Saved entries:
- - - - - - -

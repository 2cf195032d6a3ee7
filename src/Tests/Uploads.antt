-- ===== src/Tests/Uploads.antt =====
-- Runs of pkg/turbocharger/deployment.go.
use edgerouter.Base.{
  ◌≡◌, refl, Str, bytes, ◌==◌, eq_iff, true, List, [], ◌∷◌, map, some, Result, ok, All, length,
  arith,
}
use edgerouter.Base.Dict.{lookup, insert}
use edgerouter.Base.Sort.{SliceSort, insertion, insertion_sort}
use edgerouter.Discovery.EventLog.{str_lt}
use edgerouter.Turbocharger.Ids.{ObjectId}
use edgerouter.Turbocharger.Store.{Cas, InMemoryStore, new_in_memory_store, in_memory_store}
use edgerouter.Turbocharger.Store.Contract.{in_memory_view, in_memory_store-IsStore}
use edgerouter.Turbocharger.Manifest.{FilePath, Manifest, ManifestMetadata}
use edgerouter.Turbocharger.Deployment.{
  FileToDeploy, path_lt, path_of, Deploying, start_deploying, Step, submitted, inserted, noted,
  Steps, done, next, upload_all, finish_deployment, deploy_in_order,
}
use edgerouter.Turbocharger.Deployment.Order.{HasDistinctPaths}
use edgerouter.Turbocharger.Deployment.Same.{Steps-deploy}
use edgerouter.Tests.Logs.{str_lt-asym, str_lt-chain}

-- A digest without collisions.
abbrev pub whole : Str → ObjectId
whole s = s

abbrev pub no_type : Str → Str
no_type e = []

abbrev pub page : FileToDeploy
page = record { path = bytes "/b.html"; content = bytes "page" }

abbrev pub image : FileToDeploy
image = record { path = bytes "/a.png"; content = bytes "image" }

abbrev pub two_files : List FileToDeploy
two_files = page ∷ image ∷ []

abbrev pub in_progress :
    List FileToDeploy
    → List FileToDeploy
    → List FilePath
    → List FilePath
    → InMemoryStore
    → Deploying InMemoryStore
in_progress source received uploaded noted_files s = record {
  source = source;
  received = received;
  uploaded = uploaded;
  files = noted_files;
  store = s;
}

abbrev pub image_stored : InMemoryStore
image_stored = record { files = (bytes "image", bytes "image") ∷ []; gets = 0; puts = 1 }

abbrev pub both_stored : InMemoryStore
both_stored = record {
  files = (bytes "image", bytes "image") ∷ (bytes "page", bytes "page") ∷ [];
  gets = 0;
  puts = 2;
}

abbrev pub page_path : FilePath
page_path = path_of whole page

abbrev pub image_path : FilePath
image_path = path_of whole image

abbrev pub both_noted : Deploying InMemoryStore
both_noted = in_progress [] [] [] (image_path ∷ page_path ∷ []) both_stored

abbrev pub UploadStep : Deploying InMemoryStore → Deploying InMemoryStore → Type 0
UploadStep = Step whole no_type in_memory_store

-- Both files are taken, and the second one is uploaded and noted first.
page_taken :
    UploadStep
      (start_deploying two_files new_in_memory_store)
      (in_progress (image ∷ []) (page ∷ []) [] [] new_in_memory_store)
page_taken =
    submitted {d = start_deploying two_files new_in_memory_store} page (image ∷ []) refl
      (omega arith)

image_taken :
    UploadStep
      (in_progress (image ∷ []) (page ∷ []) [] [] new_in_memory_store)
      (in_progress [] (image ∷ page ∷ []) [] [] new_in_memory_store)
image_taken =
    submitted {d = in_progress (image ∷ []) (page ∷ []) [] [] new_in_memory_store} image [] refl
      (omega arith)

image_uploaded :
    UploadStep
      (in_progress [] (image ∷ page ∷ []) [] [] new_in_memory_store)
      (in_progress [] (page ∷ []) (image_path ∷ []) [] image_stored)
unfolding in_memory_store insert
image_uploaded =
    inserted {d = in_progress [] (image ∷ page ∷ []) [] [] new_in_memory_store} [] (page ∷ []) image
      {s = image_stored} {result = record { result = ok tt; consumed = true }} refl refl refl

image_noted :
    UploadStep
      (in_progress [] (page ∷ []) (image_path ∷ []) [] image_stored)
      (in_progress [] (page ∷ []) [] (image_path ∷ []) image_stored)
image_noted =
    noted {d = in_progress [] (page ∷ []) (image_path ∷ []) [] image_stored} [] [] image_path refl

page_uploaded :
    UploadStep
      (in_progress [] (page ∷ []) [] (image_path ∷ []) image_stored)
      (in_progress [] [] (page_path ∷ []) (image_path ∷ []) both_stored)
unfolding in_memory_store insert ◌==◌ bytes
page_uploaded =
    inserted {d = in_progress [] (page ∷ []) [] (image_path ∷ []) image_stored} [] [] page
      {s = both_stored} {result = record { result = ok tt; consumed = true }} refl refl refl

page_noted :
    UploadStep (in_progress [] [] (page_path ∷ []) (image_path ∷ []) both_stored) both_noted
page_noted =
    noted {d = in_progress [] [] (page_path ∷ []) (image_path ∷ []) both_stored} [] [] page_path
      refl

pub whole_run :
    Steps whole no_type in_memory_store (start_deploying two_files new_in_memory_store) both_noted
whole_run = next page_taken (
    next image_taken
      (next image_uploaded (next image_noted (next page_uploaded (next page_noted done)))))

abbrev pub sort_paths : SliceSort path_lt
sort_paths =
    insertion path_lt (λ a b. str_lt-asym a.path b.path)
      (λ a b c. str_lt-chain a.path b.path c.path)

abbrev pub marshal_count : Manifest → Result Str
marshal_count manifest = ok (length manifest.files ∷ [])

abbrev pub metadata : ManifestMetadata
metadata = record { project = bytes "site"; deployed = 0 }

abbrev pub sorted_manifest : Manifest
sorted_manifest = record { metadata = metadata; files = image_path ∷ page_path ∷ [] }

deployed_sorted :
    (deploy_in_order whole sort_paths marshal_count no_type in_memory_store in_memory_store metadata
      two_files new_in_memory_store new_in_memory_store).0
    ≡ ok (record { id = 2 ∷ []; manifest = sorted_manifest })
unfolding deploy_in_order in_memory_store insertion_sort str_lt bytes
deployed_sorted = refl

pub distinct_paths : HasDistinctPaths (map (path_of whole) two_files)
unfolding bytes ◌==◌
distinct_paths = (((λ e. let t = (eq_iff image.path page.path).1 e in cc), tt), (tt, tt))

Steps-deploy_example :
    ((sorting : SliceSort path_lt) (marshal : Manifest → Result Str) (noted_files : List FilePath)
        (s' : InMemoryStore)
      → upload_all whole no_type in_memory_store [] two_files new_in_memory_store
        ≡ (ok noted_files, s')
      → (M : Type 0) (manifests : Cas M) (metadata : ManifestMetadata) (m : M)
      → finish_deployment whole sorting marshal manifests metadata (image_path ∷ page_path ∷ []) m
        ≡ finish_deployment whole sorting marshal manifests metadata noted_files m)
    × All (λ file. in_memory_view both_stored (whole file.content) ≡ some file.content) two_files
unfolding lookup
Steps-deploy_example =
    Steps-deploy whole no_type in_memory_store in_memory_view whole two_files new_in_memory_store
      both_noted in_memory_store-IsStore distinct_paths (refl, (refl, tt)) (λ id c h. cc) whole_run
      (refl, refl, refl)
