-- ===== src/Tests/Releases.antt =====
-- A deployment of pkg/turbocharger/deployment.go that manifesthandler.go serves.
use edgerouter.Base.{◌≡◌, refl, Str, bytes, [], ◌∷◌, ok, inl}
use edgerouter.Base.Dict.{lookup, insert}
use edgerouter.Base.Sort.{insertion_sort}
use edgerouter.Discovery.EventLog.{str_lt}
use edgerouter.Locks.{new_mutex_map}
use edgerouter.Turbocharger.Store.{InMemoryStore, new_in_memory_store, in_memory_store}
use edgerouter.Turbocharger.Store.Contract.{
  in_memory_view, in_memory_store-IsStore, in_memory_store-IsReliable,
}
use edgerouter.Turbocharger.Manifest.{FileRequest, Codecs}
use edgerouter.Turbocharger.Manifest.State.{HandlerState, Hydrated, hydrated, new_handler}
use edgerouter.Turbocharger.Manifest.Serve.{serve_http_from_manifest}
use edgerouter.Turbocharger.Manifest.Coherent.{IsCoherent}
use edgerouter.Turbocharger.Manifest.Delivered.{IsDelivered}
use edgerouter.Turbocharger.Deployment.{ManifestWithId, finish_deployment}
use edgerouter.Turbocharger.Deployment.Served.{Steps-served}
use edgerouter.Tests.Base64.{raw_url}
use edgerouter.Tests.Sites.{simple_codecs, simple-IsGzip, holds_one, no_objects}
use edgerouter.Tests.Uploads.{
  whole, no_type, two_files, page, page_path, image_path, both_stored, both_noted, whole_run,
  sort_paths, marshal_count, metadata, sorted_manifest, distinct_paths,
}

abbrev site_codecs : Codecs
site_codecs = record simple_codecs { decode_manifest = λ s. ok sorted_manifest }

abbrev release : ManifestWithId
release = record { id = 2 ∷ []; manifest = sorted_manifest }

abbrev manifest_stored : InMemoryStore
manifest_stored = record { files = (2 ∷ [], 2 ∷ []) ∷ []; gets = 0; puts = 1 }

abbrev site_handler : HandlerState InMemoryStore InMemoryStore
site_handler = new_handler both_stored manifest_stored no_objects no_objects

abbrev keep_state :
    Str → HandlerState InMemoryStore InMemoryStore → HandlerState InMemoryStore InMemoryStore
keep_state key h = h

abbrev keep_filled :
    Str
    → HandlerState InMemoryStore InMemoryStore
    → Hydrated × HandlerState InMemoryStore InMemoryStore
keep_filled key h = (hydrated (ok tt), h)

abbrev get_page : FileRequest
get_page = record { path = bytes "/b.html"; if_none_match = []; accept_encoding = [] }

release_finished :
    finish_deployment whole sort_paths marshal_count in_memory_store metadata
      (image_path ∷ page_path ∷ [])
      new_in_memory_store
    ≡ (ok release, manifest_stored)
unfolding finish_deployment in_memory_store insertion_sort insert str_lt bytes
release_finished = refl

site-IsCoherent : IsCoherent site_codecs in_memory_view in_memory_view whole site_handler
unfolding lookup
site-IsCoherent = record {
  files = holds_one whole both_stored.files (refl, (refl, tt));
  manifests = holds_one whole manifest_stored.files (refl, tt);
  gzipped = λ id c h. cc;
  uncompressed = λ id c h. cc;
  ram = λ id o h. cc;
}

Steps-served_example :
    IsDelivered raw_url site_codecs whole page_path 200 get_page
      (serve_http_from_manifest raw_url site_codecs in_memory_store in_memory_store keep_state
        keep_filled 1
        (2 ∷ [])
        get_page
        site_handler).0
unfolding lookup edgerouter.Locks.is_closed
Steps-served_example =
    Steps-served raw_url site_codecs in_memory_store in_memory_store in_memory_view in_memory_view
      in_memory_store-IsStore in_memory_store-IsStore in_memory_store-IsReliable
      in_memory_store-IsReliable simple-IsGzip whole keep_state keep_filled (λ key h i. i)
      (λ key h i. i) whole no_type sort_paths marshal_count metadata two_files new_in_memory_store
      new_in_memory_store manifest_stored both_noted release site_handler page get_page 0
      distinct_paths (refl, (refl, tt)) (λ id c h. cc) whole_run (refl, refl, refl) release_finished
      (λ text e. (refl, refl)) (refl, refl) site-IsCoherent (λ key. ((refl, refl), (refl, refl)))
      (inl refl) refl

- - - - - - -

**ACTION ITEM**
Indicate the number of lines in the data above that contain the string "inserted", without any additional text.

**WRITTEN RESPONSE**
3